Rolando rotated his shot glass without picking it up. “I know you can be discreet.
Also, you live close by.”
This much was true. I lived a brisk, seven-minute walk from the restaurant. I
knew the timing exactly because I always cut it too close. “When are you leaving?”
“Tomorrow morning.”
“Should I stay and help Yiolanda lock up after we close the restaurant?”
“No. Post yourself near the back door and see if anyone is waiting for her at the
end of the night.”
“Should I watch for anything else?”
Rolando smiled so briefly I barely detected it. “I’m not sure.”
*
*
*
The empty street spread below me like a cloak. I focused on the broken tiles on
the roof of St. Michael’s, the walls protecting its yard, and the sidewalks where children
woke me with the sound of their tricycles on lazy afternoons. My neighbors were asleep,
but the Circle-K catty-corner to my building was open 24/7. The fellow who ran it was
standing outside, chatting with the owner of Hotel Osborn, which was next door.
Evidently the hotel still had vacancies. By three a.m., I would have given up.
My fifth-floor balcony stretched the length of my bedroom. Between two
weather-beaten chairs, a cracked wooden box doubled as a table. Opposite the chairs, a
metal rack designed for flowerpots hung from the railing. Since I’d already killed half a
dozen tomato plants and an equal number of philodendrons, I’d filled the rack with
magazines and a bottle of brandy. Sometimes I had a shot when I got home, but tonight it
was too hot.
For the past three years, I’d refrained from telling Rolando that his wife was
cheating on him. I’d never considered that he would be better off knowing. Probably he
did know. Even though we talked about everything else, we never discussed Yiolanda.
The trumpet player and I had spotted Yiolanda around Squid Bay with various
men. Lately I’d seen her leaving the Osborn with Marco Antonio Guti&eacute;rrez, the out-oftune third violin player from Las Cometas. A tall, graying man who supposedly owned
enough real estate that he didn’t need a regular day job, Marco Antonio claimed that he
played in a mariachi because he loved his heritage and because music gave him luck with
women. He was a poor violinist but a reasonable singer, gregarious enough to interact
with an audience. More importantly, he was the financial backing of Las Cometas, so
they weren’t about to get rid of him. He’d produced both their albums even though the
first one had lost money and I imagined a similar fate awaited the sequel.
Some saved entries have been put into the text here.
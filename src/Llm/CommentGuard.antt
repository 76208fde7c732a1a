-- ===== src/Llm/CommentGuard.antt =====
-- backend/app/services/llm/comment_guard.py. A set of texts is the sorted list of its members.
use greensecops.Common.{
  text_lt, ℕ, ◌==◌, Bool, true, false, List, [], ◌∷◌, ◌++◌, Option, none, some, ◌&&◌, ◌||◌, not,
  any, if◌then◌else◌, leb, length, filter, Text, codes, text_eq, starts_with, strip, is_space,
  is_empty_text, split,
}

-- Where `str.splitlines` ends a line.
unfoldable pub is_line_break : ℕ → Bool
is_line_break c =
    leb 10 c && leb c 13 || leb 28 c && leb c 30 || c == 0x85 || c == 0x2028 || c == 0x2029

unfoldable pub onto_line : ℕ → List Text → List Text
onto_line c [] = (c ∷ []) ∷ []
onto_line c (line ∷ lines) = (c ∷ line) ∷ lines

-- The carriage return of a `\r\n`, which ends one line.
unfoldable pub is_before_newline : ℕ → Text → Bool
is_before_newline c [] = false
is_before_newline c (d ∷ _) = c == 13 && d == 10

-- `s.splitlines()`.
unfoldable pub splitlines : Text → List Text
unfolding is_line_break onto_line is_before_newline
splitlines [] = []
splitlines (c ∷ s) =
    let lines = splitlines s in
    if is_before_newline c s
    then lines
    else if is_line_break c
    then [] ∷ lines
    else onto_line c lines

-- The text behind every leading `mark`.
unfoldable pub drop_marks : ℕ → Text → Text
drop_marks mark [] = []
drop_marks mark (c ∷ s) = let rest = drop_marks mark s in if c == mark then rest else c ∷ s

unfoldable pub drop_one : (ℕ → Bool) → Text → Text
drop_one p [] = []
drop_one p (c ∷ s) = if p c then s else c ∷ s

unfoldable pub is_comment : Text → Bool
unfolding starts_with
is_comment stripped =
    starts_with (codes "#") stripped
    || starts_with (codes "//") stripped
    || starts_with (codes "/*") stripped
    || starts_with (codes "*") stripped

-- `_MARKER.sub("", stripped)`.
unfoldable pub remove_marker : Text → Text
unfolding starts_with drop_marks drop_one is_space
remove_marker s =
    if starts_with (codes "#") s
    then drop_one is_space (drop_marks b'#' s)
    else if starts_with (codes "//") s
    then drop_one is_space (drop_marks b'/' s)
    else if starts_with (codes "/*") s
    then drop_one is_space (drop_marks b'*' (drop_one (λ _. true) s))
    else if starts_with (codes "*") s
    then drop_one is_space (drop_one (λ c. c == b'/') (drop_marks b'*' s))
    else s

-- `_TRAILER.sub("", text)`: the first place from which only the end of a block comment follows.
unfoldable pub remove_trailer : Text → Text
unfolding strip
remove_trailer [] = []
remove_trailer (c ∷ s) =
    let rest = c ∷ remove_trailer s in if text_eq (strip (c ∷ s)) (codes "*/") then [] else rest

-- `" ".join(words)`.
unfoldable pub join_words : List Text → Text
join_words [] = []
join_words (w ∷ []) = w
join_words (w ∷ v ∷ words) = w ++ (codes " " ++ join_words (v ∷ words))

unfoldable pub prose : Text → Text
unfolding remove_marker remove_trailer split join_words
prose stripped = join_words (split (remove_trailer (remove_marker stripped)))

unfoldable pub comment_text : Text → Option Text
unfolding strip is_comment prose is_empty_text
comment_text line =
    let stripped = strip line in
    if is_comment stripped && not (is_empty_text (prose stripped))
    then some (prose stripped)
    else none

-- `set.add`, in the order of the texts.
unfoldable pub add_text : Text → List Text → List Text
unfolding text_lt text_eq
add_text t [] = t ∷ []
add_text t (u ∷ texts) =
    let rest = u ∷ add_text t texts in
    if text_eq t u then u ∷ texts else if text_lt t u then t ∷ u ∷ texts else rest

unfoldable pub add_comment : Option Text → List Text → List Text
unfolding add_text
add_comment none texts = texts
add_comment (some t) texts = add_text t texts

unfoldable pub texts_of : List Text → List Text
unfolding comment_text add_comment
texts_of [] = []
texts_of (line ∷ lines) = add_comment (comment_text line) (texts_of lines)

unfoldable pub has_text : List Text → Text → Bool
unfolding text_eq
has_text texts t = any (text_eq t) texts

unfoldable pub deleted_comments : Text → Text → List Text
unfolding splitlines texts_of has_text filter
deleted_comments original patched =
    let before = texts_of (splitlines original) in
    let after_ = texts_of (splitlines patched) in filter (λ t. not (has_text after_ t)) before

-- The message: how many comments were deleted, and the first three of them.
pub record CommentDeletion : Type 0 where
  pub count : ℕ
  pub shown : List Text

unfoldable pub first_three : List Text → List Text
first_three (a ∷ b ∷ c ∷ _) = a ∷ b ∷ c ∷ []
first_three texts = texts

unfoldable pub deletion_of : List Text → Option CommentDeletion
unfolding first_three
deletion_of [] = none
deletion_of (t ∷ dropped) =
    some (record { count = length (t ∷ dropped); shown = first_three (t ∷ dropped) })

unfoldable pub comment_deletion_error : Text → Text → Option CommentDeletion
unfolding deletion_of deleted_comments
comment_deletion_error original patched = deletion_of (deleted_comments original patched)
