-- ===== src/MainLoop/Round.antt =====
-- A round of the main loop.
use libudjat.Base.{
  ℕ, zero, suc, ◌+◌, ◌-◌, ◌≤◌, ◌≡◌, refl, sym, ap, ◌∙◌, inl, inr, Bool, false, Option, none, some,
  List, [], ◌∷◌, append-nil, arith, if◌then◌else◌, Bool-cases, length, count, count-append,
}
use libudjat.MainLoop.{
  is_listed, unlisted, disable_handler, enable_handler, same_fd, set_fd, set_events, close_fd,
  close_handler, Handle, Polled, pass, passes, dispatch, MainLoop,
}
use libudjat.MainLoop.Calls.{
  ready, polled, count-ready, pass-seen, count-pass, pass-idle, AreQuiet, AreListed, pass-quiet,
}

passes_once :
    (fuel : ℕ) (handle : Handle) (woken : Bool) (entries : List Polled) (n : ℕ) (s : MainLoop)
    → n ≡ length (ready entries)
    → passes (suc fuel) handle woken entries n s
      ≡ some ((pass handle entries s).calls, (pass handle entries s).loop)
unfolding passes
passes_once fuel handle woken entries zero s h =
    let (idle, same) = pass-idle handle entries s (omega (arith, h)) in
    ap (λ c. some (c, s)) (sym idle) ∙ ap (λ l. some ((pass handle entries s).calls, l)) (sym same)
passes_once fuel handle woken entries (suc n) s h =
    rw no_more
      (ap (λ c. some (c, (pass handle entries s).loop)) (append-nil (pass handle entries s).calls))
  where
    no_more : (suc n - (if woken then 1 else 0)) - (pass handle entries s).seen ≡ 0
    no_more = ground (arith, h, pass-seen handle entries s)

-- When poll counts the ready handlers, and the event descriptor if it was woken, a round of the
-- main loop takes one pass, whatever the handlers do to the loop: no handler is called without an
-- event, and none more often than it stands in the list that was polled.
pub dispatch-once :
    (handle : Handle) (woken : Bool) (entries : List Polled) (n : ℕ) (s : MainLoop)
    → n ≡ length (ready entries) + (if woken then 1 else 0)
    → (calls : List ℕ) × (last : MainLoop) × (dispatch 1 handle woken entries n s
        ≡ some (calls, last))
      × ((x : ℕ) → count x calls ≤ count x (ready entries))
      × ((x : ℕ) → count x calls ≤ count x (polled entries))
unfolding dispatch
dispatch-once handle woken entries n s h = (
  (pass handle entries s).calls,
  (pass handle entries s).loop,
  passes_once 0 handle woken entries (n - (if woken then 1 else 0)) s (ground (arith, h)),
  (λ x. count-pass handle x entries s),
  λ x. omega (arith, count-pass handle x entries s, count-ready x entries),
)

-- When poll counts the ready handlers, and the event descriptor if it was woken, no handler throws or
-- changes the list, and all that were polled are in it, a round calls the handlers that are ready,
-- each in its turn.
pub dispatch-ready :
    (handle : Handle) (woken : Bool) (entries : List Polled) (n : ℕ) (s : MainLoop)
    → n ≡ length (ready entries) + (if woken then 1 else 0)
    → AreQuiet handle
    → AreListed (polled entries) s.handlers
    → (last : MainLoop) × (dispatch 1 handle woken entries n s ≡ some (ready entries, last))
unfolding dispatch
dispatch-ready handle woken entries n s h q l = (
  (pass handle entries s).loop,
  passes_once 0 handle woken entries (n - (if woken then 1 else 0)) s (ground (arith, h))
      ∙ ap (λ c. some (c, (pass handle entries s).loop)) (pass-quiet handle entries s q l),
)

-- Handlers are listed once, whatever is enabled, disabled and changed.
abbrev pub ListedOnce : MainLoop → Type 0
ListedOnce s = (x : ℕ) → count x s.handlers ≤ 1

not_listed : (h : ℕ) (hs : List ℕ) → is_listed h hs ≡ false → count h hs ≡ 0
not_listed h [] e = refl
not_listed h (x ∷ xs) e = ground (arith, not_listed h xs)

count-unlisted : (x h : ℕ) (hs : List ℕ) → count x (unlisted h hs) ≤ count x hs
count-unlisted x h [] = omega arith
count-unlisted x h (y ∷ ys) = ground (arith, count-unlisted x h ys)

-- An operation on a handler.
pub data Operation : MainLoop → MainLoop → Type 0 where
  enables : (h : ℕ) (s : MainLoop) → Operation s (enable_handler h s).1
  disables : (h : ℕ) (s : MainLoop) → Operation s (disable_handler h s)
  closes : (h : ℕ) (s : MainLoop) → Operation s (close_handler h s)
  sets_fd : (h : ℕ) (f : Option ℕ) (s : MainLoop) → Operation s (set_fd h f s).1
  sets_events : (h e : ℕ) (s : MainLoop) → Operation s (set_events h e s)

-- No operation on handlers puts one into the list that is there.
pub Operation-ListedOnce : {s t : MainLoop} → Operation s t → ListedOnce s → ListedOnce t
unfolding enable_handler disable_handler close_handler close_fd set_fd set_events
Operation-ListedOnce (enables h s) l x = elim (Bool-cases (is_listed h s.handlers)) [
  | inl e ↦ rw e (l x)
  | inr e ↦
      rw e (ground (arith, l x, not_listed h s.handlers e, count-append x s.handlers (h ∷ [])))
]
Operation-ListedOnce (disables h s) l x = omega (arith, l x, count-unlisted x h s.handlers)
Operation-ListedOnce (closes h s) l x = by_fd (s.fd h)
  where
    by_fd : (f : Option ℕ) → count x (close_fd h f s).handlers ≤ 1
    by_fd none = l x
    by_fd (some f) = omega (arith, l x, count-unlisted x h s.handlers)
Operation-ListedOnce (sets_fd h f s) l x = elim (Bool-cases (same_fd (s.fd h) f)) [
  | inl e ↦ rw e (l x)
  | inr e ↦
      rw e (elim (Bool-cases (is_listed h s.handlers)) [ inl f ↦ rw f (l x) | inr f ↦ rw f (l x) ])
]
Operation-ListedOnce (sets_events h e s) l x = elim (Bool-cases (is_listed h s.handlers)) [
  | inl f ↦ rw f (l x)
  | inr f ↦ rw f (l x)
]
Although I hadn’t been watching for them, I’d seen Marco Antonio leave the
Osborn with Yiolanda three times in the last month. Each time they’d been surrounded by
noontime traffic, but Yiolanda always stood out in a crowd. I’d considered ways to
broach the subject with Rolando, but I hadn’t come up with a plan.
Sweat dripped off my forehead and fell onto the balcony with a splat. This was
the second day of the heat wave. During daylight hours, thanks to occasional breezes and
frequent trips to the beach, I tolerated my non-air-conditioned apartment without
complaint. At night I felt cornered because the morning promised another scorching day.
For a moment I almost thought my brother Joey was right--get a regular job, move to the
burbs, and rent an apartment with decent air conditioning. Then I wouldn’t have to
associate summer nights with uncomfortable heat and uncomfortable heat with Yiolanda.
For now I was as stuck as Rolando was. He didn’t want to be a godfather, and I
sure as hell didn’t want to keep an eye on his wife.